If you need special filtered logs - we can provide



we also see this:
[Sat Dec 13 09:24:11 2025] libceph: osd17 (1)XXXXXX:6815 socket error on write

[Sat Dec 13 09:24:11 2025] libceph: mds0 (1)XXXXXX:6801 socket error on write

[Sat Dec 13 09:24:11 2025] libceph: mon4 (1)XXXXXXX:6789 session established

[Sat Dec 13 09:24:11 2025] libceph: mds0 (1)XXXXXXXX:6801 session reset

[Sat Dec 13 09:24:11 2025] ceph: mds0 closed our session

[Sat Dec 13 09:24:11 2025] ceph: mds0 reconnect start

[Sat Dec 13 09:24:12 2025] systemd[1]: systemd-journald.service: Failed with result 'timeout'.
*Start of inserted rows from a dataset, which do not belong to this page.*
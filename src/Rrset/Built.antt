-- ===== src/Rrset/Built.antt =====
-- src/rrset.rs: what `from_records` builds.
use mathlib.Core.Path.{subst}
use Prim.Native.String.{String}
use recurse_x.Prelude.{
  ℕ, ◌≤◌, ◌≡◌, refl, min, Bool, true, false, Bool-cases, inl, inr, ◌&&◌, List, [], ◌∷◌, ltb, leb,
  ◌⊎◌, some, get_elem?, ◌==◌, if◌then◌else◌, length, All, arith,
}
use recurse_x.Error.{ok, fail_if-eq-ok, ok-injective, wire_error}
use recurse_x.Qtype.{RrType}
use recurse_x.Rdata.{Record}
use recurse_x.Rrset.{RrSet, Gathered, gather, u32_max, is_single, from_records}

abbrev pub is_signature : Record → Bool
is_signature r = r.rr_type.code == 46

-- The parts of a list of records: every record stands once, in the order of the list, in the part of
-- its kind.
pub data Parts : List Record → List Record → List Record → Type 0 where
  done : Parts [] [] []
  plain :
      {r : Record} {records ps ss : List Record}
      → is_signature r ≡ false
      → Parts records ps ss
      → Parts (r ∷ records) (r ∷ ps) ss
  signed :
      {r : Record} {records ps ss : List Record}
      → is_signature r ≡ true
      → Parts records ps ss
      → Parts (r ∷ records) ps (r ∷ ss)

-- A TTL that a record of the list has.
pub data HasTtl : ℕ → List Record → Type 0 where
  here : (r : Record) (records : List Record) → HasTtl r.ttl (r ∷ records)
  there : {n : ℕ} (r : Record) {records : List Record} → HasTtl n records → HasTtl n (r ∷ records)

-- The parts of a list of records, and the least TTL.
record IsGathered (ttl : ℕ) (records : List Record) (g : Gathered) : Type 0 where
  start : g.least ≤ ttl
  least : All (λ r. g.least ≤ r.ttl) records
  parts : Parts records g.data_records g.signatures
  attained : (g.least ≡ ttl) ⊎ HasTtl g.least records

-- The least of the TTLs behind a record, with the record's own among them.
attained-min :
    (ttl n : ℕ) (r : Record) (records : List Record)
    → (n ≡ min ttl r.ttl) ⊎ HasTtl n records
    → (n ≡ ttl) ⊎ HasTtl n (r ∷ records)
attained-min ttl n r records (inr later) = inr (there r later)
attained-min ttl n r records (inl e) = elim (Bool-cases (leb ttl r.ttl)) [
  | inl first ↦ inl (ground arith)
  | inr own ↦
      let same : r.ttl ≡ n = ground arith in
      inr (subst (λ n. HasTtl n (r ∷ records)) same (here r records))
]

gather-IsGathered : (ttl : ℕ) (records : List Record) → IsGathered ttl records (gather ttl records)
unfolding gather
gather-IsGathered ttl [] = record {
  start = omega arith;
  least = tt;
  parts = done;
  attained = inl refl;
}
gather-IsGathered ttl (r ∷ records) =
    let rest = gather-IsGathered (min ttl r.ttl) records in
    let bound = rest.start in
    let found = attained-min ttl (gather (min ttl r.ttl) records).least r records rest.attained in
    elim (Bool-cases (r.rr_type.code == 46)) [
      | inl signature ↦ rw signature (record {
        start = omega arith;
        least = (omega arith, rest.least);
        parts = signed signature rest.parts;
        attained = found;
      })
      | inr other ↦ rw other (record {
        start = omega arith;
        least = (omega arith, rest.least);
        parts = plain other rest.parts;
        attained = found;
      })
    ]

-- A bound below a common bound.
below :
    (a b : ℕ) (records : List Record)
    → b ≤ a
    → All (λ r. a ≤ r.ttl) records
    → All (λ r. b ≤ r.ttl) records
below a b [] h all = tt
below a b (r ∷ records) h (this, all) = (omega arith, below a b records h all)

-- The set is named as the first record is, its parts are those of the records, it lives no longer than
-- any of them nor than the limit and just as long as one of them or the limit, and it has one record
-- at most where its type is CNAME or DNAME.
abbrev pub IsBuilt : List Record → ℕ → RrSet → Type 0
IsBuilt records limit s =
    ((first : Record) × (get_elem? records 0 ≡ some first)
      × (s.name ≡ first.name)
      × (s.rr_type ≡ first.rr_type)
      × (s.class ≡ first.class))
    × Parts records s.records s.rrsigs
    × All (λ r. s.ttl ≤ r.ttl) records
    × (s.ttl ≤ limit)
    × (((s.ttl ≡ 0) × All (λ r. u32_max ≤ r.ttl) records)
        ⊎ ((n : ℕ) × HasTtl n records × (s.ttl ≡ min n limit)))
    × (is_single s.rr_type ≡ true → length s.records ≤ 1)

-- The TTL of the set: the limit of 32 bits stands for no TTL at all.
IsGathered-ttl :
    (limit : ℕ) (records : List Record) (g : Gathered)
    → IsGathered u32_max records g
    → ((min (if g.least == u32_max then 0 else g.least) limit ≡ 0)
        × All (λ r. u32_max ≤ r.ttl) records)
      ⊎ ((n : ℕ) × HasTtl n records
          × (min (if g.least == u32_max then 0 else g.least) limit ≡ min n limit))
IsGathered-ttl limit records g is = elim (Bool-cases (g.least == u32_max)) [
  | inl greatest ↦
      rw greatest (inl (omega arith, below g.least u32_max records (ground arith) is.least))
  | inr less ↦
      rw less
        (elim is.attained [ inl same ↦ absurd (ground arith) | inr one ↦ inr (g.least, one, refl) ])
]

module _ (render : RrType → ℕ → String) where
  -- A set that is built from records has the name, type and class of the first one; it holds each
  -- record exactly once and in the order given, the signatures apart from the rest; it lives no longer
  -- than any of them nor than the limit, namely as long as one of the records or the limit allow, or
  -- not at all where no record's TTL is below 2^32 - 1; and it has one record at most where its type is
  -- CNAME or DNAME.
  pub from_records-IsBuilt :
      (records : List Record) (limit : ℕ) (s : RrSet)
      → from_records render records limit ≡ ok s
      → IsBuilt records limit s
  unfolding from_records
  from_records-IsBuilt [] limit s h = cc
  from_records-IsBuilt (first ∷ records) limit s h =
      let g = gather u32_max (first ∷ records) in
      let is = gather-IsGathered u32_max (first ∷ records) in
      let several = ltb 1 (length g.data_records) in
      let ttl : ℕ = if g.least == u32_max then 0 else g.least in
      let (single, built) =
        fail_if-eq-ok (is_single first.rr_type && several)
          (wire_error (render first.rr_type (length g.data_records))) _ h in
      let low : min ttl limit ≤ g.least = ground arith in
      subst (λ s. IsBuilt (first ∷ records) limit s) (ok-injective built)
        (
          (first, refl, refl, refl, refl),
          is.parts,
          below g.least (min ttl limit) (first ∷ records) low is.least,
          omega arith,
          IsGathered-ttl limit (first ∷ records) g is,
          (λ one. ground arith),
        )
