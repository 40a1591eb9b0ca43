-- ===== src/Rrset/Order.antt =====
-- src/rrset.rs: the fingerprint does not depend on the order of the records, nor on their TTLs.
use mathlib.Core.List.{Permᴰ}
use recurse_x.Prelude.{
  ℕ, suc, ◌≡◌, refl, sym, ap, ◌∙◌, true, false, Bool-cases, inl, inr, List, [], ◌∷◌, map,
  length-map, ◌==◌, length, arith,
}
use recurse_x.Rrset.{
  RrSet, record_wire_without_ttl, bytes_le, insert_item, sort_items, combine_all, fingerprint,
  same_data,
}

bytes_le_total : (xs ys : List ℕ) → bytes_le xs ys ≡ false → bytes_le ys xs ≡ true
unfolding bytes_le
bytes_le_total [] ys h = cc
bytes_le_total (x ∷ xs) [] h = refl
bytes_le_total (x ∷ xs) (y ∷ ys) h = let more = bytes_le_total xs ys in ground arith

bytes_le_antisym : (xs ys : List ℕ) → bytes_le xs ys ≡ true → bytes_le ys xs ≡ true → xs ≡ ys
unfolding bytes_le
bytes_le_antisym [] [] h k = refl
bytes_le_antisym [] (y ∷ ys) h k = cc
bytes_le_antisym (x ∷ xs) [] h k = cc
bytes_le_antisym (x ∷ xs) (y ∷ ys) h k =
    let (same, first, second) : (x ≡ y) × (bytes_le xs ys ≡ true) × (bytes_le ys xs ≡ true) =
      ground arith in
    λ i. same i ∷ bytes_le_antisym xs ys first second i

bytes_le_trans :
    (xs ys zs : List ℕ) → bytes_le xs ys ≡ true → bytes_le ys zs ≡ true → bytes_le xs zs ≡ true
unfolding bytes_le
bytes_le_trans [] ys zs h k = refl
bytes_le_trans (x ∷ xs) [] zs h k = cc
bytes_le_trans (x ∷ xs) (y ∷ ys) [] h k = cc
bytes_le_trans (x ∷ xs) (y ∷ ys) (z ∷ zs) h k = let more = bytes_le_trans xs ys zs in ground arith

insert_here :
    (a b : List ℕ) (items : List (List ℕ))
    → bytes_le a b ≡ true
    → insert_item a (b ∷ items) ≡ a ∷ b ∷ items
unfolding insert_item
insert_here a b items h = rw h refl

insert_later :
    (a b : List ℕ) (items : List (List ℕ))
    → bytes_le a b ≡ false
    → insert_item a (b ∷ items) ≡ b ∷ insert_item a items
unfolding insert_item
insert_later a b items h = rw h refl

swap_front :
    (a b : List ℕ) (items : List (List ℕ))
    → bytes_le a b ≡ true
    → insert_item b items ≡ b ∷ items
    → insert_item b (a ∷ items) ≡ a ∷ b ∷ items
swap_front a b items h first = elim (Bool-cases (bytes_le b a)) [
  | inl both ↦
      let same = bytes_le_antisym a b h both in
      insert_here b a items both ∙ (λ i. sym same i ∷ same i ∷ items)
  | inr less ↦ insert_later b a items less ∙ ap (λ t. a ∷ t) first
]

insert_nil : (a : List ℕ) → insert_item a [] ≡ a ∷ []
unfolding insert_item
insert_nil a = refl

insert_ordered :
    (a b : List ℕ) (items : List (List ℕ))
    → bytes_le a b ≡ true
    → insert_item a (insert_item b items) ≡ insert_item b (insert_item a items)
insert_ordered a b [] h =
    rw (insert_nil b, insert_nil a)
      (insert_here a b [] h ∙ sym (swap_front a b [] h (insert_nil b)))
insert_ordered a b (c ∷ items) h = elim (Bool-cases (bytes_le b c)) [
  | inl low ↦
      let here = insert_here b c items low in
      let here' = insert_here a c items (bytes_le_trans a b c h low) in
      rw (here, here') (insert_here a b (c ∷ items) h ∙ sym (swap_front a b (c ∷ items) h here))
  | inr high ↦
      let later = insert_later b c items high in
      elim (Bool-cases (bytes_le a c)) [
        | inl low ↦
            let apart : bytes_le b a ≡ false = elim (Bool-cases (bytes_le b a)) [
              | inl both ↦ cc (bytes_le_trans b a c both low)
              | inr less ↦ less
            ] in
            rw (later, insert_here a c items low)
              (insert_here a c (insert_item b items) low
                ∙ sym (insert_later b a (c ∷ items) apart ∙ ap (λ t. a ∷ t) later))
        | inr high' ↦
            rw (later, insert_later a c items high')
              (insert_later a c (insert_item b items) high'
                ∙ ap (λ t. c ∷ t) (insert_ordered a b items h)
                ∙ sym (insert_later b c (insert_item a items) high))
      ]
]

insert_comm :
    (a b : List ℕ) (items : List (List ℕ))
    → insert_item a (insert_item b items) ≡ insert_item b (insert_item a items)
insert_comm a b items = elim (Bool-cases (bytes_le a b)) [
  | inl h ↦ insert_ordered a b items h
  | inr h ↦ sym (insert_ordered b a items (bytes_le_total a b h))
]

sort_items-Perm : (xs ys : List (List ℕ)) → Permᴰ xs ys → sort_items xs ≡ sort_items ys
unfolding sort_items
sort_items-Perm xs ys Permᴰ.nil = refl
sort_items-Perm xs ys (Permᴰ.cons {l₁ = l} {l₂ = m} e p) =
    λ i. insert_item (e i) (sort_items-Perm l m p i)
sort_items-Perm xs ys (Permᴰ.swap {a = a} {b = b} {l = l} e f) =
    insert_comm a b (sort_items l) ∙ (λ i. insert_item (f i) (insert_item (e i) (sort_items l)))
sort_items-Perm xs ys (Permᴰ.trans {l₂ = l} p q) = sort_items-Perm xs l p ∙ sort_items-Perm l ys q

length-Perm : (xs ys : List (List ℕ)) → Permᴰ xs ys → length xs ≡ length ys
length-Perm xs ys Permᴰ.nil = refl
length-Perm xs ys (Permᴰ.cons {l₁ = l} {l₂ = m} e p) = ap suc (length-Perm l m p)
length-Perm xs ys (Permᴰ.swap e f) = refl
length-Perm xs ys (Permᴰ.trans {l₂ = l} p q) = length-Perm xs l p ∙ length-Perm l ys q

-- Two sets have the same data where the wire forms of their records, without the TTLs, are the same up
-- to their order: neither the order of the records nor their TTLs count as a change.
pub same_data-Perm :
    (s t : RrSet)
    → Permᴰ (map record_wire_without_ttl s.records) (map record_wire_without_ttl t.records)
    → same_data s t ≡ true
unfolding same_data fingerprint
same_data-Perm s t p =
    let xs = map record_wire_without_ttl s.records in
    let ys = map record_wire_without_ttl t.records in
    let size : (length s.records == length t.records) ≡ true = ground (
      arith,
      length-Perm xs ys p,
      length-map record_wire_without_ttl s.records,
      length-map record_wire_without_ttl t.records,
    ) in
    let same : combine_all 0xcbf29ce484222325 (sort_items xs)
        ≡ combine_all 0xcbf29ce484222325 (sort_items ys) =
      ap (combine_all 0xcbf29ce484222325) (sort_items-Perm xs ys p) in
    rw size (ground (arith, same))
[Sat Dec 13 09:24:12 2025] systemd[1]: Failed to start Journal Service.

[Sat Dec 13 09:24:12 2025] systemd[1]: systemd-journald.service: Scheduled restart job, restart counter is at 52.

[Sat Dec 13 09:24:12 2025] systemd[1]: Stopped Journal Service.

[Sat Dec 13 09:24:13 2025] ceph: mds0 reconnect denied

[Sat Dec 13 09:24:13 2025] ceph: dropping dirty Fx state for 000000003ab648c8 1099527656419

[Sat Dec 13 09:24:13 2025] ceph: dropping dirty Fx state for 00000000bf26d167 1099527656842

[Sat Dec 13 09:24:13 2025] ceph: dropping dirty Fx state for 000000008921adb9 1099527656893

[Sat Dec 13 09:24:13 2025] ceph: dropping dirty Fx state for 00000000a8a72f05 1099527671953

[Sat Dec 13 09:24:13 2025] ceph: dropping dirty Fw state for 00000000a7844000 1099527717007

[Sat Dec 13 09:24:13 2025] libceph: mds0 (1)XXXXXXXX:6801 socket closed (con state V1_CONNECT_MSG)

[Sat Dec 13 09:24:13 2025] ceph: check_quota_exceeded: ino (10000f5808f.fffffffffffffffe) null i_snap_realm

[Sat Dec 13 09:26:18 2025] systemd[1]: Starting Journal Service...

[Sat Dec 13 09:26:18 2025] systemd[1]: systemd-journald.service: start operation timed out. Terminating.

[Sat Dec 13 09:26:18 2025] systemd[1]: systemd-journald.service: Failed with result 'timeout'.

[Sat Dec 13 09:26:18 2025] systemd[1]: Failed to start Journal Service.



Environment1:
CEPH Stretch Cluster, nvme 32xOSD

Environment2:
CEPH Cluster, SAS 36x OSD
 
we are are experiencing a large number of OSD errors.
What you're seeing isnt actually errors. It is, however, an indication of OSD resource starvation; if osd 4, 6 and 8 are all on the same host, check overall host load, and might need to make some adjustments hardware-wise.

Alternatively, you can lower priority for some osd garbage collection procedures such as osd_compaction_prio.

Lastly- if cluster performance doesn't seem to be actually affected (note your IOWait times and osd latency figured) you can just adjust the threshhold for the subsystem to complain, like so:

ceph config set osd osd_op_complaint_time [value]

default value is 0.05, or 50ms- drop that lower until the errors go away.

as for your disk with stalled reads- check the health of osd.4 (smartctl test.) If it passes, ignore it and keep an eye on repetition. if it does repeat, erase the osd and recreate- that will force any metadata fragmentation to clear and hopefully not trip the heartbeat grace value.